Television: new album

Despite rumours of some credence we’ve been waiting some eight years for the new Television album — don’t rush into it lads! To feed my addiction I was one of those who sent off for a cassette import of The Blow-Up (1982) if only to hear “Little Johnny Jewel”. We waited 14 years for album three (1992), not withstanding Tom Verlaine’s solo outings keeping us nourished, and of course we WILL wait for another album from (IMHO) one of the three greatest “rock” bands of all time and certainly the greatest one still functioning with absolute artistic integrity — no showbiz schlock for these guys.

I just wish that (a) journalistic glove-puppets would stop using the totally misappropriated trope “punk” and that (b) “purist” fans stop harking back to Richard Hell and Richard Lloyd — Jimmy Rip lovingly and brilliantly really does the business. Regarding the former, one of Television’s unlikely virtues is that their sound is ahistorical — it exists in a soundscape that is not subject to the vagaries of changing fashions, technological or otherwise. It has a timeless transcendental quality to it.
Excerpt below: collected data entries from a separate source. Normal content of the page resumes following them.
-- ===== src/Experiments/Agreement.antt =====
-- `plan_assignment` and `assign` of web/services/experiments.py: the preview, and the rows that the same plan writes.
use mathlib.Core.List.{Perm, Mem, Mem-prop, Nodup, Pairwise-cons, mem-cons, mem-cons_of_mem}
use mathlib.Core.List.Perm
use mathlib.Core.Logic.Or
use mathlib.Core.Path.{subst}
use retail_segmentation.Prelude.{
  ℕ, ◌≡◌, refl, sym, ap, ◌∙◌, Bool, true, false, List, [], ◌∷◌, ◌++◌, map, keep, any, All, All-mono,
  All-both, All-keep, All-kept, All-map, All-sort_by, sort_by-perm, ltb, ◌==◌, ◌>>=◌, arith, ok,
  err, Result, Bool-cases, Option-cases, Result-cases, inl, inr,
}
use retail_segmentation.Experiments.Lab.{
  Assigned, Group, Lab, Refusal, assignments_of, get_experiment, groups_of,
}
use retail_segmentation.Experiments.Assignment.{
  AssignmentPlan, assign, insert_assignments, is_assigned, is_group, list_groups, plan_assignment,
  read_target_population, rows_of,
}
use retail_segmentation.Experiments.Dealing.{flat}
use retail_segmentation.Experiments.Arms.{lists_of, plan_balanced}
use retail_segmentation.Experiments.Shapes.{plan_assignment_ok}
use retail_segmentation.Experiments.Rows.{
  All-of_mem, All-rows_of, AllDiffer, Fits, Nodup-AllDiffer, customers_of, customers_of-rows_of,
  insert_assignments_all, pairs_of,
}

keep-taken :
    {A : Type 0} (p : A → Bool) (x : A) (xs : List A) → p x ≡ true → keep p (x ∷ xs) ≡ x ∷ keep p xs
keep-taken p x xs h = rw h refl

keep-dropped :
    {A : Type 0} (p : A → Bool) (x : A) (xs : List A) → p x ≡ false → keep p (x ∷ xs) ≡ keep p xs
keep-dropped p x xs h = rw h refl

-- A sublist by a test has no more members.
Mem-map_keep :
    {A : Type 0} (f : A → ℕ) (p : A → Bool) (xs : List A) (a : ℕ)
    → Mem a (map f (keep p xs))
    → Mem a (map f xs)
Mem-map_keep f p [] a m = m
Mem-map_keep f p (x ∷ xs) a m = elim (Bool-cases (p x)) [
  | inl t ↦
      Or.elim Mem-prop (mem-cons.0 (subst (λ l. Mem a (map f l)) (keep-taken p x xs t) m))
        (λ e. mem-cons.1 (Or.inl e)) (λ r. mem-cons_of_mem (f x) (Mem-map_keep f p xs a r))
  | inr u ↦
      mem-cons_of_mem (f x)
        (Mem-map_keep f p xs a (subst (λ l. Mem a (map f l)) (keep-dropped p x xs u) m))
]

Nodup-map-keep :
    {A : Type 0} (f : A → ℕ) (p : A → Bool) (xs : List A)
    → Nodup (map f xs)
    → Nodup (map f (keep p xs))
Nodup-map-keep f p [] n = n
Nodup-map-keep f p (x ∷ xs) n =
    let (h, t) = Pairwise-cons.0 n in
    elim (Bool-cases (p x)) [
      | inl t1 ↦
          subst (λ l. Nodup (map f l)) (sym (keep-taken p x xs t1))
            (Pairwise-cons.1 ((λ a m. h a (Mem-map_keep f p xs a m)), Nodup-map-keep f p xs t))
      | inr u ↦ subst (λ l. Nodup (map f l)) (sym (keep-dropped p x xs u)) (Nodup-map-keep f p xs t)
    ]

Nodup-population :
    (lab : Lab) (label : ℕ)
    → Nodup (map (λ row. row.0) lab.open_labels)
    → Nodup (read_target_population lab label)
unfolding read_target_population
Nodup-population lab label n =
    Perm.nodup (Perm.symm (sort_by-perm ltb _)) (Nodup-map-keep (λ row. row.0) _ lab.open_labels n)

nobody_assigned :
    (i c : ℕ) (rows : List Assigned)
    → assignments_of rows i ≡ 0
    → any (is_assigned i c) rows ≡ false
unfolding assignments_of
nobody_assigned i c [] h = refl
nobody_assigned i c (a ∷ rows) h = ground (arith, nobody_assigned i c rows)

own_groups :
    (i : ℕ) (xs : List Group)
    → All (λ (g : Group). (g.experiment_id == i) ≡ true → any (is_group i g.group_id) xs ≡ true) xs
own_groups i [] = tt
own_groups i (x ∷ xs) = (
  λ h. ground arith,
  All-mono (λ (g : Group). (g.experiment_id == i) ≡ true → any (is_group i g.group_id) xs ≡ true)
      (λ (g : Group). (g.experiment_id == i) ≡ true → any (is_group i g.group_id) (x ∷ xs) ≡ true)
      (λ g h e. ground (arith, h e)) xs (own_groups i xs),
)

listed_groups :
    (lab : Lab) (i : ℕ)
    → All (λ (g : Group). any (is_group i g.group_id) lab.groups ≡ true) (list_groups lab i)
unfolding list_groups
listed_groups lab i =
    let own = λ (g : Group).
      (g.experiment_id == i) ≡ true → any (is_group i g.group_id) lab.groups ≡ true in
    All-sort_by _ (λ (g : Group). any (is_group i g.group_id) lab.groups ≡ true) (groups_of lab i)
      (All-mono (λ (g : Group). ((g.experiment_id == i) ≡ true) × own g)
        (λ (g : Group). any (is_group i g.group_id) lab.groups ≡ true) (λ g h. h.1 h.0)
        (groups_of lab i)
        (All-both (λ (g : Group). (g.experiment_id == i) ≡ true) own (groups_of lab i)
          (All-kept (λ (g : Group). g.experiment_id == i) lab.groups)
          (All-keep own (λ (g : Group). g.experiment_id == i) lab.groups
            (own_groups i lab.groups))))

-- How an assignment goes with the plan of the same moment.
abbrev pub IsAgreed :
    Lab → Result Refusal AssignmentPlan → Result Refusal (AssignmentPlan × Lab) → Type 0
IsAgreed lab (err e) assigned = assigned ≡ err e
IsAgreed lab (ok plan) assigned =
    (after : Lab) × (new : List Assigned) × (assigned ≡ ok (plan, after))
    × (after.assignments ≡ lab.assignments ++ new)
    × (pairs_of new ≡ rows_of plan.arms)

module _ (shuffle : ℕ → List ℕ → List ℕ)
    (deals : (i : ℕ) (xs : List ℕ) → Perm (shuffle i xs) xs) where
  plan-Fits :
      (lab : Lab) (i : ℕ) (plan : AssignmentPlan)
      → Nodup (map (λ row. row.0) lab.open_labels)
      → plan_assignment shuffle lab i ≡ ok plan
      → Fits i (rows_of plan.arms) lab
  plan-Fits lab i plan n h =
      let (ids, (perm, q, positive, sizes), enough) = plan_balanced shuffle deals lab i plan h in
      let none_yet = (plan_assignment_ok shuffle lab i plan h).3 in
      let customers = customers_of-rows_of plan.arms in
      let P = λ (g : ℕ). any (is_group i g) lab.groups ≡ true in
      (
        All-of_mem (λ c. any (is_assigned i c) lab.assignments ≡ false)
            (customers_of (rows_of plan.arms))
            (λ c m. nobody_assigned i c lab.assignments none_yet),
        subst AllDiffer (sym customers) (
            Nodup-AllDiffer (flat (lists_of plan.arms))
              (Perm.nodup (Perm.symm perm) (Nodup-population lab plan.label_code n))),
        All-rows_of P plan.arms (
            subst (λ l. All P l) (sym ids)
              (All-map P (λ (g : Group). g.group_id) (list_groups lab i) (listed_groups lab i))),
      )

  abbrev write_plan : Lab → ℕ → AssignmentPlan → Result Refusal (AssignmentPlan × Lab)
  write_plan lab i plan = do after ← insert_assignments i (rows_of plan.arms) lab; ok (plan, after)

  -- An experiment that is not there is refused by both.
  assign_lem :
      (lab : Lab) (i : ℕ)
      → assign shuffle lab i ≡ (plan_assignment shuffle lab i >>= write_plan lab i)
  unfolding assign plan_assignment
  assign_lem lab i = elim (Option-cases (get_experiment lab i)) [
    | inl gone ↦ rw gone refl
    | inr (e, found) ↦ rw found refl
  ]

  -- With a shuffle that permutes, and no customer twice among the open history rows, assigning an experiment
  -- is refused with the same refusal as its plan at that moment, and otherwise succeeds: it appends the
  -- plan's rows to the assignments, arm by arm and in order, and nothing else.
  pub assign-IsAgreed :
      (lab : Lab) (i : ℕ)
      → Nodup (map (λ row. row.0) lab.open_labels)
      → IsAgreed lab (plan_assignment shuffle lab i) (assign shuffle lab i)
  assign-IsAgreed lab i n = elim (Result-cases (plan_assignment shuffle lab i)) [
    | inl (plan, h) ↦
        let (after, new, inserted, written, pairs) =
          insert_assignments_all i (rows_of plan.arms) lab (plan-Fits lab i plan n h) in
        let ran =
          assign_lem lab i
          ∙ ap (λ m. m >>= write_plan lab i) h
          ∙ ap (λ m. m >>= λ (l : Lab). ok (plan, l)) inserted in
        subst (λ p. IsAgreed lab p (assign shuffle lab i)) (sym h) (after, new, ran, written, pairs)
    | inr (e, h) ↦
        subst (λ p. IsAgreed lab p (assign shuffle lab i)) (sym h)
          (assign_lem lab i ∙ ap (λ m. m >>= write_plan lab i) h)
  ]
We know that Verlaine and Bowie saw each other as kindred spirits — though, as we know, Bowie gave up the ghost after he brilliantly covered Verlaine’s “Kingdom Come” in his last great album Scary Monsters (1980). Tom Verlaine . . . as indicated earlier pursued greatness not “careeriness” and whose artistic vision is still a wonder to behold. Long may the “Frantz Kafka” of musicality continue.